Other solutions to 3D print failure provided in the RepRap community have had video monitor of printing [72], but the user has to stop the print manually if the user detects an error through continuous human surveillance. This obviously undermines one of the primary benefits of bespoke automated fabrication with 3D printers because of the necessary human involvement. The system described here overcomes that issue to allow for automatic error detection with no human oversight. However, the algorithm here still has two fundamental limitations. First, the finite (several seconds) of commutation time (as summarized in Table 4) does not allow every layer to be monitored in real time for small printed objects as the print speed is faster than the analysis time. For larger more complex prints, this is less of an issue and as the results have shown here sampling a printed object after several layers is adequate for catastrophic failures although it does not enable real-time automatic error detection (and the potential for real-time error correction). To get to that goal, the computation time would need to be reduced. This may be possible by streamlining the computation and removing it from the Matlab environment. Doing the latter will also overcome one of the other primary challenges to the use of this method in the distributed manufacturing community, specifically, although the algorithms provided here are open source [73]. They currently are run in the Matlab environment which costs $2150 [74]. This is not that expensive for research or in higher end 3D printer applications, but represents a barrier to deployment in the low-cost prosumer printers used for distributed manufacturing, which generally cost in total $2500 or less (the RepRap used in this study was $500 in parts).

Table 4 Error measurements for complete printing each tested geometry (W: width, H: height) of two cameras (size error) and single camera (shape error)

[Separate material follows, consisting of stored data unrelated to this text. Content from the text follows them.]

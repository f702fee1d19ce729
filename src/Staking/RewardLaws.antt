-- ===== src/Staking/RewardLaws.antt =====
-- RISE for stakers: what settling, claiming and checkpoints come to.
use native.Mathlib.Nat.{div-mul-le_self}
use rise_protocol.Prelude.{
  ℕ, ◌+◌, ◌-◌, ◌*◌, ◌/◌, ◌≤◌, ◌<◌, max, ◌≡◌, ◌≢◌, ◌⊎◌, inl, inr, none, some, ok, arith,
  add_or_panic, u64,
}
use rise_protocol.Solana.{Runtime}
use rise_protocol.Staking.State.{
  StakeRewardsConfig, UserStakeRewards, settle, sync_debt, sol_to_rise_sol, reward_scale,
}
use rise_protocol.Staking.Deposit.{StakeSol, stake_sol, resync, current_reward_per_token}
use rise_protocol.Staking.Rewards.{
  ClaimStakeRewards, claim_stake_rewards, accumulate, emit_rewards, checkpoint_stake_rewards,
}

settle-eq :
    (u : UserStakeRewards) (rate : ℕ) (u' : UserStakeRewards)
    → settle u rate ≡ ok u'
    → (u.reward_debt ≤ u.rise_sol_amount * rate / reward_scale)
      × (u' ≡ record u {
        pending_rewards =
            u.pending_rewards + (u.rise_sol_amount * rate / reward_scale - u.reward_debt);
      })
unfolding settle
settle-eq u rate u' h = ground arith

sync_debt-eq :
    (u : UserStakeRewards) (rate amount : ℕ) (u' : UserStakeRewards)
    → sync_debt u rate amount ≡ ok u'
    → u' ≡ record u { rise_sol_amount = amount; reward_debt = amount * rate / reward_scale }
unfolding sync_debt
sync_debt-eq u rate amount u' h = ground arith

-- Settling at one accumulator value, syncing the unchanged balance, and settling at a later value
-- gives exactly the pending rewards of settling once, at the later value: how often a staker
-- settles does not matter.
pub settle_often :
    (u u1 u2 u3 u' : UserStakeRewards) (rate later : ℕ)
    → settle u rate ≡ ok u1
    → sync_debt u1 rate u.rise_sol_amount ≡ ok u2
    → settle u2 later ≡ ok u3
    → settle u later ≡ ok u'
    → u3.pending_rewards ≡ u'.pending_rewards
settle_often u u1 u2 u3 u' rate later s1 y s2 s =
    let (le1, e1) = settle-eq u rate u1 s1 in
    let e2 = sync_debt-eq u1 rate u.rise_sol_amount u2 y in
    let (le3, e3) = settle-eq u2 later u3 s2 in
    let (le, e) = settle-eq u later u' s in ground (arith, le1, e1, e2, le3, e3, le, e)

module _ {B : Type 0} (rt : Runtime B) where
  claim_stake_rewards-eq :
      (a : ClaimStakeRewards) (b : B) (u' : UserStakeRewards) (b' : B)
      → claim_stake_rewards rt a b ≡ ok (u', b')
      → (u'.pending_rewards ≡ 0)
        × (u'.rise_sol_amount ≡ a.user_stake_rewards.rise_sol_amount)
        × (u'.reward_debt
            ≡ a.user_stake_rewards.rise_sol_amount * a.stake_rewards_config.reward_per_token
              / reward_scale)
  unfolding claim_stake_rewards settle sync_debt
  claim_stake_rewards-eq a b u' b' h = ground arith

  claim_stake_rewards-settles :
      (a : ClaimStakeRewards) (b : B) (r : UserStakeRewards × B)
      → claim_stake_rewards rt a b ≡ ok r
      → (settled : UserStakeRewards) × (settle a.user_stake_rewards
            a.stake_rewards_config.reward_per_token
          ≡ ok settled)
        × (0 < settled.pending_rewards)
  unfolding claim_stake_rewards
  claim_stake_rewards-settles a b r h = ground arith

  -- A second claim at the same accumulator, from the tracker that the first one leaves, never
  -- succeeds, whatever has happened to the bank in between.
  pub claim_stake_rewards_twice :
      (a : ClaimStakeRewards) (b : B) (u' : UserStakeRewards) (b' later : B)
      → claim_stake_rewards rt a b ≡ ok (u', b')
      → (r : UserStakeRewards × B)
      → claim_stake_rewards rt (record a { user_stake_rewards = u' }) later ≢ ok r
  claim_stake_rewards_twice a b u' b' later first r second =
      let facts = claim_stake_rewards-eq a b u' b' first in
      let (settled, settling, positive) = claim_stake_rewards-settles _ later r second in
      let again = settle-eq u' a.stake_rewards_config.reward_per_token settled settling in
      ground (arith, facts, positive, again)

accumulate-cases :
    (c : StakeRewardsConfig) (emissions rate : ℕ)
    → accumulate c emissions ≡ ok rate
    → (rate ≡ c.reward_per_token)
      ⊎ (rate ≡ c.reward_per_token + emissions * reward_scale / c.total_staking_supply)
unfolding accumulate
accumulate-cases c emissions rate h = ground arith

accumulate_bounded :
    (c : StakeRewardsConfig) (emissions rate : ℕ)
    → accumulate c emissions ≡ ok rate
    → (c.reward_per_token ≤ rate)
      × ((rate - c.reward_per_token) * c.total_staking_supply ≤ emissions * reward_scale)
accumulate_bounded c emissions rate h = elim (accumulate-cases c emissions rate h) [
  | inl e ↦
      let none_added : rate - c.reward_per_token ≡ 0 = omega arith in
      (omega arith, rw none_added (omega arith))
  | inr e ↦
      let added : rate - c.reward_per_token ≡ emissions * reward_scale / c.total_staking_supply =
        omega arith in
      (omega arith, rw added (div-mul-le_self (emissions * reward_scale) c.total_staking_supply))
]

checkpoint_stake_rewards-cases :
    (c c' : StakeRewardsConfig) (slot : ℕ)
    → checkpoint_stake_rewards c slot ≡ ok c'
    → ((slot ≤ c.last_checkpoint_slot) × (c' ≡ c))
      ⊎ ((c.last_checkpoint_slot < slot) × (c' ≡ record c { last_checkpoint_slot = slot }))
      ⊎ ((rate : ℕ) × (c.last_checkpoint_slot < slot)
          × (accumulate c (c.epoch_emissions * (slot - c.last_checkpoint_slot) / c.slots_per_epoch)
              ≡ ok rate)
          × (c' ≡ record c { reward_per_token = rate; last_checkpoint_slot = slot }))
unfolding checkpoint_stake_rewards emit_rewards
checkpoint_stake_rewards-cases c c' slot h = ground arith

-- A checkpoint never lowers the accumulator; what it adds, over the whole tracked supply, is no
-- more than the emission of the elapsed slots; and its slot is the later of the two.
pub checkpoint_stake_rewards_bounded :
    (c c' : StakeRewardsConfig) (slot : ℕ)
    → checkpoint_stake_rewards c slot ≡ ok c'
    → (c.reward_per_token ≤ c'.reward_per_token)
      × ((c'.reward_per_token - c.reward_per_token) * c.total_staking_supply
          ≤ c.epoch_emissions * (slot - c.last_checkpoint_slot) / c.slots_per_epoch * reward_scale)
      × (c'.last_checkpoint_slot ≡ max c.last_checkpoint_slot slot)
checkpoint_stake_rewards_bounded c c' slot h =
    let same : c.reward_per_token - c.reward_per_token ≡ 0 = omega arith in
    elim (checkpoint_stake_rewards-cases c c' slot h) [
      | inl (early, e) ↦ rw e (omega arith, rw same (omega arith), omega arith)
      | inr (inl (late, e)) ↦ rw e (omega arith, rw same (omega arith), omega arith)
      | inr (inr (rate, late, run, e)) ↦
          let (grows, bounded) = accumulate_bounded c _ rate run in
          rw e (grows, bounded, omega arith)
    ]

module _ {B : Type 0} (rt : Runtime B) where
  stake_sol-resyncs :
      (a : StakeSol) (l : ℕ) (b : B) (r : StakeSol × B)
      → stake_sol rt a l b ≡ ok r
      → (m : ℕ) × (sol_to_rise_sol a.pool l ≡ some m)
        × (0 < m)
        × (resync a.user_stake_rewards a.stake_rewards_config
              (add_or_panic u64 (rt.token b a.user_rise_sol_account).amount m)
            ≡ ok r.0.user_stake_rewards)
  unfolding stake_sol
  stake_sol-resyncs a l b r h = ground arith

  resync_omitted :
      (u v : UserStakeRewards) (old m : ℕ)
      → resync (some u) none (add_or_panic u64 old m) ≡ ok (some v)
      → (v.reward_debt ≡ 0)
        × (v.rise_sol_amount ≡ old + m)
        × (v.pending_rewards ≡ u.pending_rewards)
  unfolding resync settle sync_debt current_reward_per_token
  resync_omitted u v old m h = ground arith

  -- A deposit that passes the staker's tracker but omits the rewards config, where it succeeds and
  -- leaves a tracker that settles, records as the balance what the staker held and the riseSOL that
  -- the deposit is worth, with no debt. The settlement credits that balance with the accumulator's
  -- whole past.
  pub stake_sol_backdates_rewards :
      (a : StakeSol) (l : ℕ) (b : B) (r : StakeSol × B) (u v u' : UserStakeRewards) (rate : ℕ)
      → a.stake_rewards_config ≡ none
      → a.user_stake_rewards ≡ some u
      → stake_sol rt a l b ≡ ok r
      → r.0.user_stake_rewards ≡ some v
      → settle v rate ≡ ok u'
      → (m : ℕ) × (sol_to_rise_sol a.pool l ≡ some m)
        × (0 < m)
        × (v.rise_sol_amount ≡ (rt.token b a.user_rise_sol_account).amount + m)
        × (v.reward_debt ≡ 0)
        × (u'.pending_rewards ≡ u.pending_rewards + v.rise_sol_amount * rate / reward_scale)
  stake_sol_backdates_rewards a l b r u v u' rate omitted passed staked left settled =
      let (m, worth, positive, synced) = stake_sol-resyncs a l b r staked in
      let synced' = rw (passed, omitted, left) at synced in
      let (debt, amount, pending) = resync_omitted u v _ m synced' in
      let credited = (settle-eq v rate u' settled).1 in
      (m, worth, positive, amount, debt, rw credited (omega (arith, debt, pending)))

In addition, to overcoming these limitations there are several other areas of future research. First, this system would be improved if it was applied to all sides of the printing object. For future research, this error detection system will be implemented and extended from the basic approach into 360° around FFF-based 3D printing. It will improve the object detection capability as there is better understanding for the scene geometry and therefore for object detection in the depth dimension. Furthermore, to reduce the cost for adding the error detection system to FFF-based 3D printing, low-cost web cameras will be applied in this system. Using low-cost optics will need to be vetted for its effects on the performance of the system and the algorithms presented here.

6 Conclusions

This paper described a low-cost reliable real-time monitoring platform for FFF-based 3D printing based on a single- and two-camera system for a single side. The results showed that both of the algorithms with a single- and double-camera system were effective at detecting a clogged nozzle, loss of filament, or an incomplete project for a wide range of 3D object geometries and filament colors. The error calculation was determined from the difference in shape between STLImage and CameraImage, or the different sizes between STLImage and the 3D reconstruction. Printing was stopped when these errors exceeded 5%. The validity of this approach using experiments shows that the error detection system is capable of a 100% detection rate for failure detection. The combined method analyzed here has a better detection rate and a lower cost to previous methods. In addition, this method is generalizable to a wide range of FFF 3D printer geometries, which enables further adoption of desktop 3D printing for distributed manufacturing as wasted print time and filament are reduced.